[ComfyUI] AnimateDiff Image Workflow

Mainly notes on operating ComfyUI and an introduction to the AnimateDiff tool. Although the capabilities of this tool have certain limitations, it's still quite interesting to see images come to life.

Chinese Version

AnimateDiff Introduction

AnimateDiff is a tool used for generating AI videos. The source code for this tool is open source and can be found on Github, AnimateDiff. Those interested in the paper can also refer to it.

In the pipeline design of AnimateDiff, the main goal is to enhance creativity through two steps:

Preload a motion model to provide motion verification for the video.
Load the main T2I model (Base model) and retain the feature space of this T2I model.

Next, the pre-trained motion model will transform the original T2I model features into an animation generator. This animation generator will create diverse animated images based on the provided textual description (Prompt).

Finally, AnimateDiff undergoes an iterative denoising process to improve the quality of the animation. The denoising process gradually reduces noise and artifacts (mainly incorrect images generated during the drawing process) with each iteration.

Basic System Requirements

For t2vid, a minimum of 8GB VRAM is required. This is the minimum requirement for using a resolution of 512x512 and 2 ControlNets. In some cases, with this configuration, VRAM usage may go up to a maximum of 10GB.
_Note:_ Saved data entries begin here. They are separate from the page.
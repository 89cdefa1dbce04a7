-- ===== src/Pacing/Admission/Origins.antt =====
-- Equality of the origin keys of crates/erabi-crawler/src/pacing.rs.
use erabi.Base.{◌≡◌, ◌↔◌, true, arith}
use erabi.Text.Search.{text_eq_iff}
use erabi.Pacing.{OriginKey}
use erabi.Pacing.Admission.{origin_eq}

pub origin_eq_iff : (a b : OriginKey) → (origin_eq a b ≡ true) ↔ (a ≡ b)
origin_eq_iff a b = ground (arith, text_eq_iff a.scheme b.scheme, text_eq_iff a.host b.host)
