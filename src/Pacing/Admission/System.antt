-- ===== src/Pacing/Admission/System.antt =====
-- One origin of crates/erabi-crawler/src/pacing.rs under every interleaving of its tasks: each lock
-- acquisition is one step, and the clock only moves forward.
pub mod Accounts
pub mod Held
pub mod Spacing
use erabi.Base.{ℕ, ◌+◌, ◌-◌, ◌≤◌, ◌<◌, ◌≡◌, Bool, false, Option, none, some, u32_max}
use erabi.Pacing.{
  Duration, Instant, PacingOutcome, AdmissionError, clock_overflow, OriginPacingState,
  default_state, normalize_expired_safety, add_registration, release_registration, register_waiter,
  release, record_outcome,
}
use erabi.Pacing.Admission.{Iteration, admitted, refused, waits, iterate}

-- The origin's state, the clock, the live permits and waiting tasks, and the requests counted in
-- flight for which no permit exists.
pub record System : Type 0 where
  pub state : OriginPacingState
  pub now : Instant
  pub permits : ℕ
  pub waiters : ℕ
  pub lost : ℕ

abbrev pub start : Instant → System
start now = record { state = default_state; now = now; permits = 0; waiters = 0; lost = 0 }

abbrev pub lost_by : AdmissionError → ℕ
lost_by clock_overflow = 1
lost_by _ = 0

-- What an iteration of one waiting task makes of the system.
abbrev pub after : System → OriginPacingState × Iteration → System
after s (t, admitted) = record s { state = t; permits = s.permits + 1; waiters = s.waiters - 1 }
after s (t, refused e) = record s { state = t; waiters = s.waiters - 1; lost = s.lost + lost_by e }
after s (t, waits _) = record s { state = t }

pub data Step : System → System → Type 0 where
  tick : (s : System) (t : Instant) → s.now ≤ t → Step s (record s { now = t })
  register :
      (s : System) (id concurrency : ℕ)
      → concurrency ≤ u32_max
      → Step s (record s { state = add_registration s.state id concurrency })
  unregister : (s : System) (id : ℕ) → Step s (record s { state = release_registration s.state id })
  enter :
      (s : System)
      → s.waiters < u32_max
      → Step s (record s { state = register_waiter s.state; waiters = s.waiters + 1 })
  wait :
      (s : System) (cancelled : Bool) (delay : Duration)
      → 0 < s.waiters
      → Step s (after s (iterate s.state cancelled delay s.now))
  record_evidence :
      (s : System) (outcome : PacingOutcome)
      → 0 < s.permits
      → Step s (record s { state = (record_outcome s.state outcome s.now).0 })
  finish :
      (s : System)
      → 0 < s.permits
      → Step s (record s { state = release s.state; permits = s.permits - 1 })
  inspect_for_retirement :
      (s : System) → Step s (record s { state = normalize_expired_safety s.state s.now })

pub data Reach (s : System) : System → Type 0 where
  here : Reach s s
  next : {t u : System} → Reach s t → Step t u → Reach s u

-- A waiting task gets a permit in this state.
pub record Admits (s : System) (delay : Duration) : Type 0 where
  pub waiting : 0 < s.waiters
  pub granted : (iterate s.state false delay s.now).1 ≡ admitted

abbrev pub admit : System → Duration → System
admit s delay = after s (iterate s.state false delay s.now)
For vid2vid, a minimum of 12GB VRAM or above is needed. In my notes, I used 3 ControlNets, so the VRAM usage may go up to a maximum of 14GB. If this is not feasible, you can reduce the number of ControlNets or lower the resolution.

Required Packages for ComfyUI Installation

Firstly, you need to have ComfyUI. If you are a Windows user, there is also a completely portable version available as a compressed file that you can download and use directly.

ComfyUI Standalone Portable Windows Build (For NVIDIA or CPU only), 1.44GB

If you are a Linux user, you will need to install ComfyUI yourself, and I won't go into details here.

You can install the remaining packages after installing ComfyUI-Manager. Use ComfyUI-Manager to install the following two necessary packages. Note that I installed the ComfyUI-AnimateDiff-Evolved package here, which is different from what ArtVentureX provides. Please make sure not to install the wrong one.

https://github.com/ltdrdata/ComfyUI-Manager

The following two packages are essential for installation; otherwise, AnimateDiff will not function correctly:

Additionally, here are some commonly used packages with AnimateDiff. If you have downloaded the Workflow I provided, you may not need to install these again.

Finally, some personally favored ones:

AnimateDiff Models

Action models and Action Lora can be downloaded here:

https://huggingface.co/guoyww/animatediff/tree/main

Additionally, here are some recommended action models for generating animations:

These model files need to be placed in this folder:
ComfyUI/custom_nodes/ComfyUI-AnimateDiff-Evolved/models

For downloaded motion Lora, place it here:
ComfyUI/custom_nodes/ComfyUI-AnimateDiff-Evolved/motion_lora

Once downloaded, if you need to use ControlNet, please put the necessary files here:
ComfyUI/models/controlnet

Of course, your main model needs to be placed in ComfyUI/models/checkpoints. If you have a VAE, it needs to be in ComfyUI/models/vae.

AnimateDiff Node Introduction

To begin, loading images or videos requires the Video Helper Suite module to create the video source.

There are four loading methods in total:

Load Video (Path): Load video by path.
Load Video (Upload): Upload a video.
Load Images (Path): Load images by path.
Load Images (Upload): Upload a folder of images.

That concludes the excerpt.